Unless you want to tackle this process on your own, you may use at least one or all of the above. Each professional has its benefits. It’ll be up to you to decide how to leverage each one to build a plan that satisfies your objectives.

To easily find professionals in your area, we recommend using a free matching tool. After you fill out an easy-to-complete form, it’ll match you with up to three vetted financial advisors.

How Much It Costs

The cost to develop an estate plan varies based on several factors. These include the complexity of your needs, who you hire, and even where you live. Here’s a detailed look at each:

  • Project complexity. What you want to accomplish plays heavily into the cost of your estate plan. For example, hiring someone just write a will may only cost around $500. However, including other documents, such as directives and trust can drive the price way up.
  • Who you hire. Building a proper estate plan can take several experts, or it may only need one, such as an attorney. Employing more professionals will cost you more, but it may be necessary for what you want to accomplish.
  • Where you live. Your location can impact the cost to hire a planner. For instance, big cities often have pricier attorneys than rural areas.

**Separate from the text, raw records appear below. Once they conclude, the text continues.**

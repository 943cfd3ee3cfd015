-- ===== src/Graph/Interrupt/Tests.antt =====
-- Interrupted runs of small graphs, and the theorems at them.
use covonaut.Base.{
  ℕ, String, [], ◌∷◌, ◌≡◌, ap, refl, ◌≢◌, true, false, some, arith, Map, lookup, ◌==◌,
}
use covonaut.Agentcore.Errors.{ok, err, plain, checkpoint_not_found}
use covonaut.Graph.Tests.{with_edges, program, nodes-Built, from_a, sample_compiled}
use covonaut.Graph.{Graph}
use covonaut.Graph.Built.{Built, edge}
use covonaut.Graph.Topo.{CompiledGraph, compile, compiled}
use covonaut.Graph.Topo.Orders.{as_is}
use covonaut.Graph.Interrupt.{
  Checkpoint, InterruptResult, InterruptableGraph, finished, interrupted, after_node, stopped,
  Progress, run, resume, visit, present_outputs, resolve_node_input, save_checkpoint, execute,
  visit_all, visit_layers, run_from, conclude,
}
use covonaut.Graph.Interrupt.Resume.{run_to_end, run_to_end-same}
use covonaut.Graph.Interrupt.Skips.{resume_keeps, after_interrupt_skips}
use covonaut.Graph.Interrupt.Store.{save, load, remove_checkpoint}

-- The definitions that an interrupted run computes with.
interrupt_program : Unit {0}
unfolding program present_outputs resolve_node_input save_checkpoint execute visit visit_all
    visit_layers run_from conclude run resume run_to_end save load remove_checkpoint
interrupt_program = tt

-- b stops before and after, c before.
abbrev stopping : InterruptableGraph
stopping = record {
  graph = sample_compiled;
  store = [];
  interrupts =
      ("b", record { before = true; after = true })
      ∷ ("c", record { before = true; after = false })
      ∷ [];
  node_outputs = [];
}

abbrev stamps : ℕ → String
stamps n = "t"

run_to_end-same_example :
    (run_to_end 4 stamps (run ">" "t" stopping)).0
    ≡ (run ">" "t" (record stopping { interrupts = [] })).0
unfolding compiled
run_to_end-same_example =
    run_to_end-same stopping ">" stamps (refl, (refl, (refl, tt))) (omega arith) "t"

run_to_end-stopping : (run_to_end 4 stamps (run ">" "t" stopping)).0 ≡ finished ">a\n---\n>abc"
unfolding interrupt_program
run_to_end-stopping = refl

-- a → b, a → c
abbrev fork : Graph
fork = with_edges (("a", "b" ∷ "c" ∷ []) ∷ [])

fork-Built : Built fork
unfolding program
fork-Built =
    edge {g = with_edges (("a", "b" ∷ []) ∷ [])} "a" "c" (edge "a" "b" nodes-Built refl) refl

abbrev fork_compiled : CompiledGraph
fork_compiled = compiled from_a fork (("a" ∷ []) ∷ ("b" ∷ "c" ∷ []) ∷ [])

compile-fork : compile as_is from_a fork ≡ ok fork_compiled
unfolding program
compile-fork = refl

abbrev started : Map String
started = ("a", ">a") ∷ ("b", "") ∷ ("c", "") ∷ []

abbrev stopped_at_b : Map String
stopped_at_b = ("a", ">a") ∷ ("b", ">ab") ∷ ("c", "") ∷ []

abbrev at_b : Checkpoint
at_b = record {
  id = "cp_b_after_t";
  graph_id = "";
  node_name = "b";
  step_index = 2;
  state = record { outputs = stopped_at_b; last_input = ">" };
  phase = after_node;
}

abbrev stop_b : InterruptResult
stop_b = record {
  checkpoint_id = "cp_b_after_t";
  node_name = "b";
  phase = after_node;
  output = ">ab";
}

abbrev fork_stopped : InterruptableGraph
fork_stopped = record {
  graph = fork_compiled;
  store = ("cp_b_after_t", at_b) ∷ [];
  interrupts = ("b", record { before = false; after = true }) ∷ [];
  node_outputs = stopped_at_b;
}

-- The run of the fork stops behind b, and c has not run.
run-fork :
    run ">" "t" (record fork_stopped { store = []; node_outputs = [] })
    ≡ (interrupted stop_b, fork_stopped)
unfolding interrupt_program
run-fork = refl

-- Resumed, it ends without the output of c.
resume-fork : (resume "cp_b_after_t" "" "u" fork_stopped).0 ≡ finished ">ab"
unfolding interrupt_program
resume-fork = refl

-- Without interrupts it ends with both.
run-fork_plain :
    (run ">" "t" (record fork_stopped { interrupts = [] })).0 ≡ finished ">ab\n---\n>ac"
unfolding interrupt_program
run-fork_plain = refl

abbrev before_b : Progress
before_b = record { outputs = started; steps = 1; skip = false }

visit-b :
    visit fork_compiled fork_stopped.interrupts ">" "t" "b" 1 before_b
    ≡ stopped stopped_at_b at_b stop_b
unfolding interrupt_program
visit-b = refl

found-b : lookup "cp_b_after_t" fork_stopped.store ≡ some at_b
unfolding lookup
found-b = refl

after_interrupt_skips_example :
    lookup "c" (resume "cp_b_after_t" "" "u" fork_stopped).1.node_outputs ≡ lookup "c" started
unfolding compiled
after_interrupt_skips_example =
    after_interrupt_skips as_is from_a fork fork_compiled fork-Built compile-fork fork_stopped
      "cp_b_after_t" ">" "t" "" "u" "b" "c" 1 before_b ("b" ∷ "c" ∷ []) [] stopped_at_b at_b stop_b
      refl refl (omega arith) (omega arith) b-ne-c visit-b refl found-b
  where
    b-ne-c : ◌≢◌ {A = String} "b" "c"
    b-ne-c e = let differ : true ≡ false = ap (λ (x : String). x == "b") e in cc

resume_keeps_example :
    lookup "b" (resume "cp_b_after_t" "" "u" fork_stopped).1.node_outputs ≡ lookup "b" stopped_at_b
unfolding compiled
resume_keeps_example =
    resume_keeps as_is from_a fork fork_compiled fork-Built compile-fork fork_stopped "cp_b_after_t"
      "" "u" "b" at_b refl found-b (omega arith)

load-saved : load "cp_b_after_t" (save at_b []) ≡ ok at_b
unfolding interrupt_program
load-saved = refl

load-removed :
    load "cp_b_after_t" (remove_checkpoint "cp_b_after_t" (save at_b []))
    ≡ err (plain checkpoint_not_found)
unfolding interrupt_program
load-removed = refl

Frequently Asked Questions

What is the role of an executor in estate planning?

An executor is a person who is responsible for carrying out your wishes, such as distributing assets and paying debts. They also have a fiduciary duty, which means they must act in the best interest of the estate.

Are planning fees tax deductible?

No, they’re not. Due to the Tax Cuts and Jobs Act of 2018, financial advising and legal fees are no longer tax deductible.

Can I do my own estate planning?

Yes, you can. However, it may not be the best idea if you want everything done as advantageously as possible. There may be laws or ways to save money that you don’t know about. Plus, having a second pair of eyes will help you avoid potential mistakes.

How do I select an executor?

This is a tough but important choice. It’s wise to choose someone you trust will follow through with your wishes, such as a child, close friend, or sibling. Also, consider choosing someone on the younger side, so there’s no risk that they’ll be medically unfit to carry out the estate.